Entries taken from a collection
◆ ◆ ◆
-- ===== src/CoreStore/Invariant/Changes.antt =====
-- Each change that an operation makes of the table runs keeps its invariant.
use harness_security_gateway.Prelude.{
  ℕ, ◌≤◌, ◌≡◌, refl, ap, inl, inr, Bool, true, false, ◌&&◌, ◌||◌, Option, some, List, [], ◌∷◌,
  arith, Bool-cases, &&-true_left, if◌then◌else◌,
}
use harness_security_gateway.Prelude.Bytes.{Bytes, beq, beq→≡}
use harness_security_gateway.Prelude.Results.{ok}
use harness_security_gateway.Prelude.Tables.{exists_where, update_where, insert_row, All}
use harness_security_gateway.Prelude.Tables.Laws.{
  count_where-insert, count_where-update_add, count_where-le, count_where-not-exists,
  find_where_unique, All-insert, All-update_same, count_where-update_le,
}
use harness_security_gateway.CoreStore.Types.{
  Run, SessionKey, FinishRunInput, is_active, is_queued, is_terminal, is_dispatching,
  is_nonterminal,
}
use harness_security_gateway.CoreStore.Validate.{
  is_set, failed_code, is_interruption, is_empty, validate_finish, validate_finish_state,
}
use harness_security_gateway.CoreStore.Tables.{has_id, holds_scope, in_scope, find_run}
use harness_security_gateway.CoreStore.Dispatch.{
  has_dispatch_token, release_expired, expired_dispatch, requeue, claimable, dispatch, preparable,
  prepare, run_now,
}
use harness_security_gateway.CoreStore.Finish.{finish}
use harness_security_gateway.CoreStore.Invariant.{
  IsValidRun, IsRunTable, DeadlineInRange, is_completed, is_failed, is_interrupted,
}
use harness_security_gateway.CoreStore.Invariant.Runs.{IsMild, update-IsRunTable}

abbrev Any : Run → Type 0
Any x = Unit

all-Any : (runs : List Run) → All Any runs
all-Any [] = tt
all-Any (x ∷ runs) = (tt, all-Any runs)

requeue-IsMild : (now : ℕ) → IsMild Any (expired_dispatch now) (requeue now)
unfolding holds_scope
requeue-IsMild now = record {
  valid = λ x _ e v. ground arith;
  same_id = λ x. refl;
  token = λ t x _ e h. cc;
  active = λ x _ e h. cc;
  scope = λ key x _ e h. ground arith;
}

pub release_expired-IsRunTable :
    (now : ℕ) (runs : List Run) → IsRunTable runs → IsRunTable (release_expired now runs)
unfolding release_expired
release_expired-IsRunTable now runs t =
    update-IsRunTable Any (expired_dispatch now) (requeue now) runs (requeue-IsMild now)
      (all-Any runs) t

-- A new queued Run with a fresh identifier and a free scope.
pub insert-IsRunTable :
    (r : Run) (runs : List Run)
    → IsValidRun r
    → is_queued r.state ≡ true
    → exists_where (has_id r.id) runs ≡ false
    → ((key : SessionKey) → in_scope key r ≡ true → exists_where (holds_scope key) runs ≡ false)
    → IsRunTable runs
    → IsRunTable (insert_row r runs)
unfolding has_id holds_scope
insert-IsRunTable r runs v queued fresh free t = record {
  rows = All-insert IsValidRun r runs v t.rows;
  ids = λ id. rw count_where-insert (elim (Bool-cases (beq r.id id)) [
    | inl e ↦ omega (
      arith,
      count_where-not-exists (has_id id) runs (rw (← beq→≡ r.id id e) fresh),
      one_more (beq r.id id),
    )
    | inr e ↦ rw e (omega (arith, t.ids id))
  ]);
  tokens = λ k. rw count_where-insert (ground (arith, t.tokens k, v.token_unless_queued));
  one_active = rw count_where-insert (ground (arith, t.one_active));
  one_per_scope = λ k. rw count_where-insert (elim (Bool-cases (in_scope k r)) [
    | inl e ↦ omega (
      arith,
      count_where-not-exists (holds_scope k) runs (free k e),
      one_more (in_scope k r && is_nonterminal r.state),
    )
    | inr e ↦ rw e (omega (arith, t.one_per_scope k))
  ]);
}
  where
    one_more : (b : Bool) → (if b then 1 else 0) ≤ 1
    one_more b = ground arith

-- Where no Run is active and no Run has the token, one queued Run is dispatched.
pub dispatch-IsRunTable :
    (id token : Bytes) (expires now : ℕ) (runs : List Run)
    → exists_where (λ r. is_active r.state) runs ≡ false
    → exists_where (has_dispatch_token token) runs ≡ false
    → IsRunTable runs
    → IsRunTable (update_where (claimable id) (dispatch token expires now) runs)
unfolding has_id holds_scope
dispatch-IsRunTable id token expires now runs idle unused t =
    let q = claimable id in
    let f = dispatch token expires now in
    let few = count_where-le (claimable id) (has_id id) runs (λ x h. &&-true_left _ _ h) in
    record {
      rows = All-update_same IsValidRun q f runs (λ x e v. ground arith) t.rows;
      ids = λ k. omega (arith, count_where-update_le (has_id k) q f runs (λ x _ h. h), t.ids k);
      tokens = λ k. elim (Bool-cases (beq token k)) [
        | inl e ↦ omega (
          arith,
          count_where-update_add (has_dispatch_token k) q f runs,
          count_where-not-exists (has_dispatch_token k) runs (rw (← beq→≡ token k e) unused),
          few,
          t.ids id,
        )
        | inr e ↦
            omega (
              arith,
              count_where-update_le (has_dispatch_token k) q f runs (λ x _ h. cc),
              t.tokens k,
            )
      ];
      one_active = omega (
        arith,
        count_where-update_add (λ r. is_active r.state) q f runs,
        count_where-not-exists (λ r. is_active r.state) runs idle,
        few,
        t.ids id,
      );
      one_per_scope = λ k. omega (
        arith,
        count_where-update_le (holds_scope k) q f runs (λ x e h. ground arith),
        t.one_per_scope k,
      );
    }

module _ (run : Run) where
  -- The rows that a test finds are the given one.
  abbrev pub Only : (Run → Bool) → Run → Type 0
  Only p x = p x ≡ true → x ≡ run

  pub Only-row :
      (id : Bytes) (runs : List Run)
      → IsRunTable runs
      → find_run id runs ≡ some run
      → All (Only (has_id id)) runs
  unfolding find_run
  Only-row id runs t h = find_where_unique (has_id id) runs run (t.ids id) h

pub prepare-IsRunTable :
    (id token : Bytes) (ref : Option Bytes) (deadline : Option ℕ) (now : ℕ) (runs : List Run)
    → is_set deadline ≡ true
    → DeadlineInRange deadline
    → IsRunTable runs
    → IsRunTable (update_where (preparable id token) (prepare ref deadline now) runs)
unfolding holds_scope
prepare-IsRunTable id token ref deadline now runs set range t =
    update-IsRunTable Any (preparable id token) (prepare ref deadline now) runs
      (record {
        valid = λ x _ e v. ground arith;
        same_id = λ x. refl;
        token = λ t x _ e h. h;
        active = λ x _ e h. h;
        scope = λ key x _ e h. h;
      })
      (all-Any runs) t

pub run_now-IsRunTable :
    (run : Run) (id : Bytes) (now : ℕ) (runs : List Run)
    → find_run id runs ≡ some run
    → is_dispatching run.state ≡ true
    → run.start_prepared ≡ true
    → IsRunTable runs
    → IsRunTable (update_where (has_id id) (run_now now) runs)
unfolding holds_scope
run_now-IsRunTable run id now runs found state prepared t =
    update-IsRunTable (Only run (has_id id)) (has_id id) (run_now now) runs
      (record {
        valid = λ x o e v.
            let same = o e in
            ground (arith, ap (λ (r : Run). r.state) same, ap (λ (r : Run). r.start_prepared) same);
        same_id = λ x. refl;
        token = λ t x o e h. h;
        active = λ x o e h. rw (o e) (ground arith);
        scope = λ key x o e h. let same = o e in ground (arith, ap (λ (r : Run). r.state) same);
      })
      (Only-row run id runs t found) t

-- What validateFinish ensures of a terminal result.
pub record IsResult (input : FinishRunInput) : Type 0 where
  pub terminal : is_terminal input.state ≡ true
  pub failure : is_set input.failure_code ≡ (is_failed input.state || is_interrupted input.state)
  pub failed_needs_code : is_failed input.state ≡ true → failed_code input.failure_code ≡ true
  pub interrupted_needs_code :
      is_interrupted input.state ≡ true → is_interruption input.failure_code ≡ true
  pub session : is_empty input.result_session_ref ≡ false → is_completed input.state ≡ true

finish-IsValidRun :
    (run x : Run) (input : FinishRunInput) (now : ℕ)
    → IsResult input
    → IsValidRun x
    → x.state ≡ run.state
    → x.start_prepared ≡ run.start_prepared
    → is_active run.state ≡ true
    → run.start_prepared ≡ true
    → IsValidRun (finish input now x)
finish-IsValidRun run x input now result v state same active prepared = record {
  output = ground (arith, result.terminal);
  failure = result.failure;
  failed_needs_code = result.failed_needs_code;
  interrupted_needs_code = result.interrupted_needs_code;
  session_of_completed = λ h. result.session (ground arith);
  prepared_deadline = v.prepared_deadline;
  prepared_session = v.prepared_session;
  deadline_range = v.deadline_range;
  started_prepared = λ h. cc;
  token_unless_queued = ground (arith, result.terminal, v.token_unless_queued);
  expiry_when_dispatching = ground (arith, result.terminal);
}

pub finish-IsRunTable :
    (run : Run) (input : FinishRunInput) (now : ℕ) (runs : List Run)
    → IsResult input
    → find_run input.run_id runs ≡ some run
    → is_active run.state ≡ true
    → run.start_prepared ≡ true
    → IsRunTable runs
    → IsRunTable (update_where (has_id input.run_id) (finish input now) runs)
unfolding holds_scope
finish-IsRunTable run input now runs result found active prepared t =
    update-IsRunTable (Only run (has_id input.run_id)) (has_id input.run_id) (finish input now) runs
      (record {
        valid = λ x o e v.
            let state = ap (λ (r : Run). r.state) (o e) in
            let prepared_x = ap (λ (r : Run). r.start_prepared) (o e) in
            finish-IsValidRun run x input now result v state prepared_x active prepared;
        same_id = λ x. refl;
        token = λ t x o e h. h;
        active = λ x o e h. ground (arith, result.terminal);
        scope = λ key x o e h. ground (arith, result.terminal);
      })
      (Only-row run input.run_id runs t found) t

-- A finish that passes validateFinish is a terminal result.
pub validate_finish_state-IsResult :
    (input : FinishRunInput) → validate_finish_state input.state input ≡ ok tt → IsResult input
unfolding validate_finish_state
validate_finish_state-IsResult input h = ground arith

pub validate_finish-IsResult :
    (input : FinishRunInput) → validate_finish input ≡ ok tt → IsResult input
unfolding validate_finish
validate_finish-IsResult input h = validate_finish_state-IsResult input (ground arith)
◆ ◆ ◆
* ACTIVITY:
Return only the part of the records above that opens with the line containing "rows = All-insert" and closes with the line containing "count_where-not-exists (holds_scope k)", ends included.

* SOLVED PROBLEM:
  rows = All-insert IsValidRun r runs v t.rows;
  ids = λ id. rw count_where-insert (elim (Bool-cases (beq r.id id)) [
    | inl e ↦ omega (
      arith,
      count_where-not-exists (has_id id) runs (rw (← beq→≡ r.id id e) fresh),
      one_more (beq r.id id),
    )
    | inr e ↦ rw e (omega (arith, t.ids id))
  ]);
  tokens = λ k. rw count_where-insert (ground (arith, t.tokens k, v.token_unless_queued));
  one_active = rw count_where-insert (ground (arith, t.one_active));
  one_per_scope = λ k. rw count_where-insert (elim (Bool-cases (in_scope k r)) [
    | inl e ↦ omega (
      arith,
      count_where-not-exists (holds_scope k) runs (free k e),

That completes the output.